## PROBLEM STATEMENT
Look through the material below and copy exactly the lines from the line with "pub left : Value" to the line with "unfoldable pub contradiction : Dict", those two lines included.

## INFORMATION SUPPLIED
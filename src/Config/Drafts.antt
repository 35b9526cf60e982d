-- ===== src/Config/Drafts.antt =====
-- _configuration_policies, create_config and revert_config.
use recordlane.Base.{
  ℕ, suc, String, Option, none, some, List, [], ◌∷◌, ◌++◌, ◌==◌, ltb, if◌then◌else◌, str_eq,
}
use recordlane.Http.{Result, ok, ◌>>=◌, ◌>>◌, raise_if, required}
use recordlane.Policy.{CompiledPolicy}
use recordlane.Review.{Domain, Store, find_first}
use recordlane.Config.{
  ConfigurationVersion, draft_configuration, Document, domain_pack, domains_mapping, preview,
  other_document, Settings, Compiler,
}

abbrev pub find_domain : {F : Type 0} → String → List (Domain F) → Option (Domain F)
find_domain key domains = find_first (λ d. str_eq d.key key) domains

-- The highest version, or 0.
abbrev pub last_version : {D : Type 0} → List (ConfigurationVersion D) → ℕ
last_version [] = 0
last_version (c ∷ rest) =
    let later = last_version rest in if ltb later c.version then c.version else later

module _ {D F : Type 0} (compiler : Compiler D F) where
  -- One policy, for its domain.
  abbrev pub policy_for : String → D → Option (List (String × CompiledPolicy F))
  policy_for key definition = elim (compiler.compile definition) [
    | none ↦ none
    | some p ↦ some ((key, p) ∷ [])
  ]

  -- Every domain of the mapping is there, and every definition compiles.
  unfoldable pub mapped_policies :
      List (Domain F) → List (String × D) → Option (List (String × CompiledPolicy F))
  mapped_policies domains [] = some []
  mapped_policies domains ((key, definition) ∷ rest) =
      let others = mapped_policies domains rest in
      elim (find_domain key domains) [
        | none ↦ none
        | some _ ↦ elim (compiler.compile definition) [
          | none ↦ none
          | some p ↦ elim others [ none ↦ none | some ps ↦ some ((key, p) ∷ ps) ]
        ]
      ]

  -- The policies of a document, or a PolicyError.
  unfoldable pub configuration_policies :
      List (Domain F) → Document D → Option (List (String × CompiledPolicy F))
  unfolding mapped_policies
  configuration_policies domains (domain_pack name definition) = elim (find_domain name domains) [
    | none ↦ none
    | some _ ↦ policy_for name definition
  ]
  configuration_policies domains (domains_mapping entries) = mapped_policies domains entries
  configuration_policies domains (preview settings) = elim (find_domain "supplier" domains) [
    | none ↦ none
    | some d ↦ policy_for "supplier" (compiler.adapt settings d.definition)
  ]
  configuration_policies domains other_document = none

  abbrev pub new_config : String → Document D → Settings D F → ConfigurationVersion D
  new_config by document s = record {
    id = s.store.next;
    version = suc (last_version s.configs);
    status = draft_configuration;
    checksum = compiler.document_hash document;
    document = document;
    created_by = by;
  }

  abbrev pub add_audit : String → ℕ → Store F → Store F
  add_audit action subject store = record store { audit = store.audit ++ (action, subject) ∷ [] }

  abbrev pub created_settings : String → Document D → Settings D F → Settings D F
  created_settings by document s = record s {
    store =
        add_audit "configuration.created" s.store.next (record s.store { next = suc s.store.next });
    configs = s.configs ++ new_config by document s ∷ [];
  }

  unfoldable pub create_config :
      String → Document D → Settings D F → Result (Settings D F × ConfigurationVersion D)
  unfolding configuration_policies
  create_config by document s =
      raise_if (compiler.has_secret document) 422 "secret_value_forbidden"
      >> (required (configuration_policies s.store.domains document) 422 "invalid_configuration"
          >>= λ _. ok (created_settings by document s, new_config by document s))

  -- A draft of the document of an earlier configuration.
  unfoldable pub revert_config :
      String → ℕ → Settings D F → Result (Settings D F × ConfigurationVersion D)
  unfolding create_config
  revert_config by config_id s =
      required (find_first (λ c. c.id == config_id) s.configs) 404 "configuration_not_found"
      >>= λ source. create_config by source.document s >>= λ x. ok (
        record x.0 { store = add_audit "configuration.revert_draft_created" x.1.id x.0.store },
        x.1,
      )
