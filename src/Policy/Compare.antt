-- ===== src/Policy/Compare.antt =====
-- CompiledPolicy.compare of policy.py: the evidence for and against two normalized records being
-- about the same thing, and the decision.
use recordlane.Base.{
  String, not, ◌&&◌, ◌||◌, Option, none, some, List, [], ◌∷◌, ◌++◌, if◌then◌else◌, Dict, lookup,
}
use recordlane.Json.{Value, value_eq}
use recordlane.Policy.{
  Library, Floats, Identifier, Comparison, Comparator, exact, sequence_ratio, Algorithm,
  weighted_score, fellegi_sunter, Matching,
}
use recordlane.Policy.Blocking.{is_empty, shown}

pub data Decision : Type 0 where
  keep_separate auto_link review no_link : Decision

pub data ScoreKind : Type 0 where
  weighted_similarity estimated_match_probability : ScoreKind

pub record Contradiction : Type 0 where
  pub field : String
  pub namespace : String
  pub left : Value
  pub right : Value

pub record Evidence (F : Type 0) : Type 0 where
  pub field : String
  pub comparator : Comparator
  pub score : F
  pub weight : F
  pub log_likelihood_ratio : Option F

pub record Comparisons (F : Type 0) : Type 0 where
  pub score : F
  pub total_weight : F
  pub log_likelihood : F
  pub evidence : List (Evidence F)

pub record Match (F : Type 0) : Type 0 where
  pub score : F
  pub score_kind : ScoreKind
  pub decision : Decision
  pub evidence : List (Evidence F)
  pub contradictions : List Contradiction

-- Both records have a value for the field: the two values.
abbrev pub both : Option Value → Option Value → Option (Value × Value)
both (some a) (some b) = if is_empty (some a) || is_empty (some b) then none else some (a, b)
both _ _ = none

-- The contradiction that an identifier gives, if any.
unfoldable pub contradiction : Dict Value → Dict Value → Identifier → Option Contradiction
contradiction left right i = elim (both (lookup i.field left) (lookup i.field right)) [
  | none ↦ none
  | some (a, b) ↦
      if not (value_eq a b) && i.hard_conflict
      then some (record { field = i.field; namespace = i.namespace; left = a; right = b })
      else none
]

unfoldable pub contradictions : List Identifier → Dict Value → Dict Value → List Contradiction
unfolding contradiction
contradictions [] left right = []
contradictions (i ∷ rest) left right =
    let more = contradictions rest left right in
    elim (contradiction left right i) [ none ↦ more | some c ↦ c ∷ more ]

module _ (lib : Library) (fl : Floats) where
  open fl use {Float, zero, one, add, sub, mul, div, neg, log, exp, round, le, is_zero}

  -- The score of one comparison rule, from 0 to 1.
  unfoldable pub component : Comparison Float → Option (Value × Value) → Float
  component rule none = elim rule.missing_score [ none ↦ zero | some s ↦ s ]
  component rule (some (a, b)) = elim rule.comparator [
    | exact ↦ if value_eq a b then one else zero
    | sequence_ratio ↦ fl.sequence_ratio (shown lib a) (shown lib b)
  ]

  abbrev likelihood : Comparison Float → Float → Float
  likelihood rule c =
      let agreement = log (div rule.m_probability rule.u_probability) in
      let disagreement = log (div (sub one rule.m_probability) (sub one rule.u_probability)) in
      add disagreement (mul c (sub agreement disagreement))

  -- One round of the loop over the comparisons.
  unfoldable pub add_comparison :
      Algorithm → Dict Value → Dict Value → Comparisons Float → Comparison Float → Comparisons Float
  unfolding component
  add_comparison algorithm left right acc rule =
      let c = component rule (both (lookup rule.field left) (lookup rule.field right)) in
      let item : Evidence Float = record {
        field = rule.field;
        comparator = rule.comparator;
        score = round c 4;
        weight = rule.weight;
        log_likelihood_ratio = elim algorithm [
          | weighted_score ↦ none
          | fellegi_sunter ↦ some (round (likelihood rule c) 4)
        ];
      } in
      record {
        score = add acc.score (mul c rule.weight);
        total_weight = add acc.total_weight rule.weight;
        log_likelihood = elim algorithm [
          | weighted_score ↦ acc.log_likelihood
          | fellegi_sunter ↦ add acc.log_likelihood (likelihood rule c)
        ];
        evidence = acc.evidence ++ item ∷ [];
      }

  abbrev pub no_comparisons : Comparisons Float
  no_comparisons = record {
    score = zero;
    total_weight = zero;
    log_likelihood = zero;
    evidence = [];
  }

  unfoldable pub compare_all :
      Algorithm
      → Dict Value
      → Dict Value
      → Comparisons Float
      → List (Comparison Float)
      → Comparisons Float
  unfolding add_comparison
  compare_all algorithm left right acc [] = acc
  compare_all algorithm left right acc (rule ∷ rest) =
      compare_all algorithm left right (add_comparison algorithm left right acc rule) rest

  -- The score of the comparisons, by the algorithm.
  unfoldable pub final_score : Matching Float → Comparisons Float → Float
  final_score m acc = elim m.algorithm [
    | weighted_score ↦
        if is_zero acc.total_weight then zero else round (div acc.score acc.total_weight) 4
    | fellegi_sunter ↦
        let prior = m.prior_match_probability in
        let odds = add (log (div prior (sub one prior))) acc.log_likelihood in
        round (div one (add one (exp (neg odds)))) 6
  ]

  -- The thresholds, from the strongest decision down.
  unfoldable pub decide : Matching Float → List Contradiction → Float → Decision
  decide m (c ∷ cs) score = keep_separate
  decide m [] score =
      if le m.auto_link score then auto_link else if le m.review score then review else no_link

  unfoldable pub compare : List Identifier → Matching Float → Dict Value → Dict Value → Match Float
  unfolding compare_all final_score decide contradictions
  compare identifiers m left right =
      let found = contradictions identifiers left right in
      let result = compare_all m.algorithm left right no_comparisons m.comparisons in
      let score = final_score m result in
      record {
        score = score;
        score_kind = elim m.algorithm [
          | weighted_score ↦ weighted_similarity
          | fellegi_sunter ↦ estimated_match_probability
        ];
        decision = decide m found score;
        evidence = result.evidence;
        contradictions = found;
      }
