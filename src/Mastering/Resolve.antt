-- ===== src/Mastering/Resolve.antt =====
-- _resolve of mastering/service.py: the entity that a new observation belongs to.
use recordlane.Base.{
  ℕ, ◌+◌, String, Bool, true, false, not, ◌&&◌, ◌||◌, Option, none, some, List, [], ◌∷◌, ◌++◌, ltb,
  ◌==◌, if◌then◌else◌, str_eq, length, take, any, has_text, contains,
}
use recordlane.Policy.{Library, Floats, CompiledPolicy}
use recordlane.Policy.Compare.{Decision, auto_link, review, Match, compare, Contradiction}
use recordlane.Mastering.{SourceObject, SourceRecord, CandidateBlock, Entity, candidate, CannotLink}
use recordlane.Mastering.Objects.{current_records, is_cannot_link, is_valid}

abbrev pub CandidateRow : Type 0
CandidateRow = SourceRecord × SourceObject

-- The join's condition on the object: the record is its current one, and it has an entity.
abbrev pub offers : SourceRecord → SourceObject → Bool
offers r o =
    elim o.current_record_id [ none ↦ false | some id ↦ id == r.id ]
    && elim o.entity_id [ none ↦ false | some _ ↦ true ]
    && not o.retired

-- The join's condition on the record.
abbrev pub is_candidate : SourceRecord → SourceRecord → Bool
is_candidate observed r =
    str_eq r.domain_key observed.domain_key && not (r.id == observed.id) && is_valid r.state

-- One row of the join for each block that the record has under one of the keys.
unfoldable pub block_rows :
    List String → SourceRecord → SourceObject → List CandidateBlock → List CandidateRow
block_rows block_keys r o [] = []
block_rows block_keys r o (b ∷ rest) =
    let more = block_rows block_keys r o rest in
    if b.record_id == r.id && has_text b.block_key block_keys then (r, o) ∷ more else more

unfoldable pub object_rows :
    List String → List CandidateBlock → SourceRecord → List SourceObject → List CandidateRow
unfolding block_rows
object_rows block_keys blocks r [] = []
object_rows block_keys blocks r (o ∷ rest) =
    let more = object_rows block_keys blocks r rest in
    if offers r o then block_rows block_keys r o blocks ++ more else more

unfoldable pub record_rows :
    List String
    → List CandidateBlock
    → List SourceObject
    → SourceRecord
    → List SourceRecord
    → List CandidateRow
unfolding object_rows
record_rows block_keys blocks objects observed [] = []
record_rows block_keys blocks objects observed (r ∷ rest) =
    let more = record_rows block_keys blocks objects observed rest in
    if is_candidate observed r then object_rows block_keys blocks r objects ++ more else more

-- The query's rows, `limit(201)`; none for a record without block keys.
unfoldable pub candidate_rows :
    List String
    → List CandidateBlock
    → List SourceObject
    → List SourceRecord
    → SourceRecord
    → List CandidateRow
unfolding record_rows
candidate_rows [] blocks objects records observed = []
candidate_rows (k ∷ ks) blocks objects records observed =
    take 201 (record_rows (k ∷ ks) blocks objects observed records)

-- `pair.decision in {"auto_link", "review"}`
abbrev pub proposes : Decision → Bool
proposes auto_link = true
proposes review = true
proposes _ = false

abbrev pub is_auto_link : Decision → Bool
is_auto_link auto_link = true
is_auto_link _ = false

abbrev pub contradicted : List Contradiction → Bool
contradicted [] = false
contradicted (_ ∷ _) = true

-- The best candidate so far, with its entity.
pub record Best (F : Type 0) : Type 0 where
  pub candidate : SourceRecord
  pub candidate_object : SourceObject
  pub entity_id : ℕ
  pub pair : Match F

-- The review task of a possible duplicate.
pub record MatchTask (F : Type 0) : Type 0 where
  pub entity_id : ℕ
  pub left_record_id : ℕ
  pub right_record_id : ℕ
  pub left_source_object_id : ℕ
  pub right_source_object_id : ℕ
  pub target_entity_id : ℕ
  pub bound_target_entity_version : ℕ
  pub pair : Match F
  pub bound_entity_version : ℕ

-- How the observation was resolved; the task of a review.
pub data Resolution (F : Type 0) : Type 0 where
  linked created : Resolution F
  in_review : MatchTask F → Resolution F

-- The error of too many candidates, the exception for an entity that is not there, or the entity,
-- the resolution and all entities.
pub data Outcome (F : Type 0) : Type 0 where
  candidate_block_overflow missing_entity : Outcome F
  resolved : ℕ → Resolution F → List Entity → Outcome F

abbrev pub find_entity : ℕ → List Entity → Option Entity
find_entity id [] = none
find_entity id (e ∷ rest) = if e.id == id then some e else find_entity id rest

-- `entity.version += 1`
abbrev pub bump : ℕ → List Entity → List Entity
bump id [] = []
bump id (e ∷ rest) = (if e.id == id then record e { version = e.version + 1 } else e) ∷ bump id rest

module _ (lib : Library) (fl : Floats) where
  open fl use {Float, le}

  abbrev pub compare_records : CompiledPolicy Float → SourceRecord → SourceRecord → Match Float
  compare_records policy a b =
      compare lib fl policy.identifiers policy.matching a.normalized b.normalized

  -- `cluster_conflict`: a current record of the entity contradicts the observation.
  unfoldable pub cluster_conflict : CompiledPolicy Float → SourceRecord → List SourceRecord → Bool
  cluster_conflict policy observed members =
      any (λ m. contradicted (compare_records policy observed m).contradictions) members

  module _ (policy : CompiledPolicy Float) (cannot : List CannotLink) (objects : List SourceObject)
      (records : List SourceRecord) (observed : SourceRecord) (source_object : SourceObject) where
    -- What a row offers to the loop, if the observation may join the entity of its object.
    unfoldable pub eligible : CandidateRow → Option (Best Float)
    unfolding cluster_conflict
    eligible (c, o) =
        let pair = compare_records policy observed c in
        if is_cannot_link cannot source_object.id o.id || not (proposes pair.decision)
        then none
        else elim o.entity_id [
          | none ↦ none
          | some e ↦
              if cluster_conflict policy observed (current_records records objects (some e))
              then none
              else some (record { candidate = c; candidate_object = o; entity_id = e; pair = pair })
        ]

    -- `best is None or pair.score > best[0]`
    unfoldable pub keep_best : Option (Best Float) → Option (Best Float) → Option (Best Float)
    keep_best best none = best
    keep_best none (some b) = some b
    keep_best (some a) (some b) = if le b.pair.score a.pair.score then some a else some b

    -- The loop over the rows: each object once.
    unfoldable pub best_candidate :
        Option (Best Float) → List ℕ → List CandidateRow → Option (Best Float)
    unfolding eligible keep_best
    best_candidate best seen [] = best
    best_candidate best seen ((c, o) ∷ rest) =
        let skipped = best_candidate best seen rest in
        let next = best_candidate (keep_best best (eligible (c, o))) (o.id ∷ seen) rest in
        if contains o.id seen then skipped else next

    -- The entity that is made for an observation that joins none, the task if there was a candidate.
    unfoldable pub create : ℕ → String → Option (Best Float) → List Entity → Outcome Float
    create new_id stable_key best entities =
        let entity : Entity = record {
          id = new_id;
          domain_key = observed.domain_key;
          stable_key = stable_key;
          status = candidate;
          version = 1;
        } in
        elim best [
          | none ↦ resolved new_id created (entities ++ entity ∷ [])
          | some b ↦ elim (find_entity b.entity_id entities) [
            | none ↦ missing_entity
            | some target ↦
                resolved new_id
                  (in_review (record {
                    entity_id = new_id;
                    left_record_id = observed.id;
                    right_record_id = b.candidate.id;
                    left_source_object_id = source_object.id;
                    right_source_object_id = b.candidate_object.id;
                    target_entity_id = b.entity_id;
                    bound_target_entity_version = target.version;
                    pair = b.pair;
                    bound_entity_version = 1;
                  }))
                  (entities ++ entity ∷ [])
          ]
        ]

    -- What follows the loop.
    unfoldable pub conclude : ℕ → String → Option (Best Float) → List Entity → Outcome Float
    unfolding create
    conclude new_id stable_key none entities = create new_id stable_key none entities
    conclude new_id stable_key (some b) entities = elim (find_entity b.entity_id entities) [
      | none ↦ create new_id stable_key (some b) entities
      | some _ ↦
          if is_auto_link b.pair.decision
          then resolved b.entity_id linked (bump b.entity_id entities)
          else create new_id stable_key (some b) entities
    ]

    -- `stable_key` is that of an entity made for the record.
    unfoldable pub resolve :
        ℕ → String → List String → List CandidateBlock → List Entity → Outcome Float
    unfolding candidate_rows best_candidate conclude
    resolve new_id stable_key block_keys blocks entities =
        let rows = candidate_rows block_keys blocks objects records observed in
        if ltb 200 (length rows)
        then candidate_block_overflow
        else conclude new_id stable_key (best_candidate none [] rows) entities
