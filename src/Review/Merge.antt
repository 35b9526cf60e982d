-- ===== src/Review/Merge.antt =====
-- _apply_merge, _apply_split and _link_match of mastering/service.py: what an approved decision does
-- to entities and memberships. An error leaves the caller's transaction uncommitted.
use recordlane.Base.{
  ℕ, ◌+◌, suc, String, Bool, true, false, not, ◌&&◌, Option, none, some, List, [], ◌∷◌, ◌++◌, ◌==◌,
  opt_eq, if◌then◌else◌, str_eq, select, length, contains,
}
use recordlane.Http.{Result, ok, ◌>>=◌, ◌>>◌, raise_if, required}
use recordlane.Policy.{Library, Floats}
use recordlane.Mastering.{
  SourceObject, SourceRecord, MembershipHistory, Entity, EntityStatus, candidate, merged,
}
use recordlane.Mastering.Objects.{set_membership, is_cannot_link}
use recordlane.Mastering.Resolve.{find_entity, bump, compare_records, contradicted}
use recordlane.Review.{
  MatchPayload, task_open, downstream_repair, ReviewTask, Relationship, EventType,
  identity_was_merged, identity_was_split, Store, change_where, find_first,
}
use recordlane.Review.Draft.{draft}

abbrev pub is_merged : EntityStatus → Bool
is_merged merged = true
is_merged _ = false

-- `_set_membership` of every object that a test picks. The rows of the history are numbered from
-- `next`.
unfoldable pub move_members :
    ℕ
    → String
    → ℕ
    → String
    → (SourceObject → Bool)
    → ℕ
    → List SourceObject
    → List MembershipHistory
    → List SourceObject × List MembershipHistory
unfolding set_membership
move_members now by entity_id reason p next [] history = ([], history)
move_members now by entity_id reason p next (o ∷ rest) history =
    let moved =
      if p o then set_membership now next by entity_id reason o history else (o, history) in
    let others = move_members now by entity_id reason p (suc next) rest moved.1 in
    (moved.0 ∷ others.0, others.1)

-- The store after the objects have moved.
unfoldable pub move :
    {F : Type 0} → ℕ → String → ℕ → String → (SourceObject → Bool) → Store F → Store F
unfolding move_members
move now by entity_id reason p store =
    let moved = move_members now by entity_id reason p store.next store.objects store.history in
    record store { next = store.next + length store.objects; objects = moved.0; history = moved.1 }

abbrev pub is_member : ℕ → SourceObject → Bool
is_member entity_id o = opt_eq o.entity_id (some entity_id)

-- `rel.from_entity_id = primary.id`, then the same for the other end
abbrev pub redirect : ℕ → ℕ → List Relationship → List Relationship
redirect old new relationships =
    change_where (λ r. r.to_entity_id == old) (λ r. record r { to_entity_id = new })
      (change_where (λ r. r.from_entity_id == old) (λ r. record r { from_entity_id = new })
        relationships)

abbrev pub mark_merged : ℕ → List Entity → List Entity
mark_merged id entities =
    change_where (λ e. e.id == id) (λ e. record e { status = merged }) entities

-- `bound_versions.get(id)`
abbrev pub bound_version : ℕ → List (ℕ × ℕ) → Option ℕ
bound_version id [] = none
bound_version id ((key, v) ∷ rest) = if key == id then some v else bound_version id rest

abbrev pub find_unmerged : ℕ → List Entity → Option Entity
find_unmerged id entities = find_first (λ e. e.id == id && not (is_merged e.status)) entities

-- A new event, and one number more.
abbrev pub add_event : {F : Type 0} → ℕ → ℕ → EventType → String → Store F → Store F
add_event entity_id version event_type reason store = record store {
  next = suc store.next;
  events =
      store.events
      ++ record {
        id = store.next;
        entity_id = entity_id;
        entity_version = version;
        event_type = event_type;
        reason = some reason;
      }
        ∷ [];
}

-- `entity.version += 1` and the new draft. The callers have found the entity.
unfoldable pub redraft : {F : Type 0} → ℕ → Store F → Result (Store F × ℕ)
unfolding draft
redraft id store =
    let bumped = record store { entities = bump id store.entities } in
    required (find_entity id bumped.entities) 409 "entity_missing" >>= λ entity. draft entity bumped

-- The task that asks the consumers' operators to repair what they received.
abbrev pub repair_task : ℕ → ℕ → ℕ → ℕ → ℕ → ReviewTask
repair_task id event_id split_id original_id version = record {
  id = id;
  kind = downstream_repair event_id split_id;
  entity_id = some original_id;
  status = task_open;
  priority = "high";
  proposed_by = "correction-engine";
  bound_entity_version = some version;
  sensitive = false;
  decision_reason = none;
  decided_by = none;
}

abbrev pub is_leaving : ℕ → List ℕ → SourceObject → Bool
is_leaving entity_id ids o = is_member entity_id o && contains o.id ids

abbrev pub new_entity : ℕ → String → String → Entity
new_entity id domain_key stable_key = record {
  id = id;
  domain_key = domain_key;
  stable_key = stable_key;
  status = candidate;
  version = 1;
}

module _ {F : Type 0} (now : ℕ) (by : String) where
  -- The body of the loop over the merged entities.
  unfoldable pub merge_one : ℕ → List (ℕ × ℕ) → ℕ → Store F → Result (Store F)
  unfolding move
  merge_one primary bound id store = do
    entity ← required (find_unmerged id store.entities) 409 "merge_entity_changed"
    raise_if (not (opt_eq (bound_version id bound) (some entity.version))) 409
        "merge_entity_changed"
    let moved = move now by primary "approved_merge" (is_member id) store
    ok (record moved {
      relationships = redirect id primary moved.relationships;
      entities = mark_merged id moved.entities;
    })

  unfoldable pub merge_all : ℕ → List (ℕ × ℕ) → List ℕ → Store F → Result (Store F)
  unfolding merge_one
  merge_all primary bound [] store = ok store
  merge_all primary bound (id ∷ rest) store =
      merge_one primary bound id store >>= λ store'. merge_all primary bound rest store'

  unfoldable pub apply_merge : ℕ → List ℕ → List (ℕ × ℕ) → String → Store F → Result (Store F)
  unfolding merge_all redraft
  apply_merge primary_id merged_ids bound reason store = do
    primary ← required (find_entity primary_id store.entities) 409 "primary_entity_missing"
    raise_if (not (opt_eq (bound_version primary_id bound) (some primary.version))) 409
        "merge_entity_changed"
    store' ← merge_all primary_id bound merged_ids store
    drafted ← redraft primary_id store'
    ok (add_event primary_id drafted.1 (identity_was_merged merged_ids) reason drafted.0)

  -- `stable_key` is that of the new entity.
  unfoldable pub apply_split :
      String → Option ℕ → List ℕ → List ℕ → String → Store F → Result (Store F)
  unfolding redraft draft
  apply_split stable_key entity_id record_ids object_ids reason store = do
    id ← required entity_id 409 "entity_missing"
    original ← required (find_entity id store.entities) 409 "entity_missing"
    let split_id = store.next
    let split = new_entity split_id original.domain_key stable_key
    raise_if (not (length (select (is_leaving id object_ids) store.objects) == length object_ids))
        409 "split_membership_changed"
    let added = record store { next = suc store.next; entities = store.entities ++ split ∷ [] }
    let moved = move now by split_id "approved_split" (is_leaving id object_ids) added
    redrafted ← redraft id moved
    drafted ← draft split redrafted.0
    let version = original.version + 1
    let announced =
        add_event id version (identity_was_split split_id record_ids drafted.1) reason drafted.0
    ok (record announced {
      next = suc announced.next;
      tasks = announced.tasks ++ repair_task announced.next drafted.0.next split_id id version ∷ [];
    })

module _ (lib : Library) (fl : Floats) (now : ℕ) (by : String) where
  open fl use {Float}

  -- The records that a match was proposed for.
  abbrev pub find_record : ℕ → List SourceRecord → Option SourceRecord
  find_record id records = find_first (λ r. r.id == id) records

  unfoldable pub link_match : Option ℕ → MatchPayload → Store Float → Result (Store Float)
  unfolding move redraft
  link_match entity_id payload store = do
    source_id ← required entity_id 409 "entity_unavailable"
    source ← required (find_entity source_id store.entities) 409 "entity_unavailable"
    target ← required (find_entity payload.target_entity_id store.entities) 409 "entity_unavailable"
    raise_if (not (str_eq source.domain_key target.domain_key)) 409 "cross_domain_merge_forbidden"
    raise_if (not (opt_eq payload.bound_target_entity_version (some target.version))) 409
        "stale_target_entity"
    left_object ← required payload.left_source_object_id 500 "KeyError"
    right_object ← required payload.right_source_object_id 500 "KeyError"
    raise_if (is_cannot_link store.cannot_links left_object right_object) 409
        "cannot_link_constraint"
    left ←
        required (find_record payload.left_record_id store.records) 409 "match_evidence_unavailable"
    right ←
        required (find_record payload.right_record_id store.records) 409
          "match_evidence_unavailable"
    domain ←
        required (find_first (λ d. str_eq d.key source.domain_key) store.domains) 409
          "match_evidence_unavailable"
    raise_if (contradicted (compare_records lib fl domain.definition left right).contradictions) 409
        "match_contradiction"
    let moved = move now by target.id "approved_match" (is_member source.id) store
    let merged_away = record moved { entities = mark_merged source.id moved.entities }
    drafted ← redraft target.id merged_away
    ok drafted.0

## SOLUTION
  pub left : Value
  pub right : Value

pub record Evidence (F : Type 0) : Type 0 where
  pub field : String
  pub comparator : Comparator
  pub score : F
  pub weight : F
  pub log_likelihood_ratio : Option F

pub record Comparisons (F : Type 0) : Type 0 where
  pub score : F
  pub total_weight : F
  pub log_likelihood : F
  pub evidence : List (Evidence F)

pub record Match (F : Type 0) : Type 0 where
  pub score : F
  pub score_kind : ScoreKind
  pub decision : Decision
  pub evidence : List (Evidence F)
  pub contradictions : List Contradiction

-- Both records have a value for the field: the two values.
abbrev pub both : Option Value → Option Value → Option (Value × Value)
both (some a) (some b) = if is_empty (some a) || is_empty (some b) then none else some (a, b)
both _ _ = none

-- The contradiction that an identifier gives, if any.
unfoldable pub contradiction : Dict Value → Dict Value → Identifier → Option Contradiction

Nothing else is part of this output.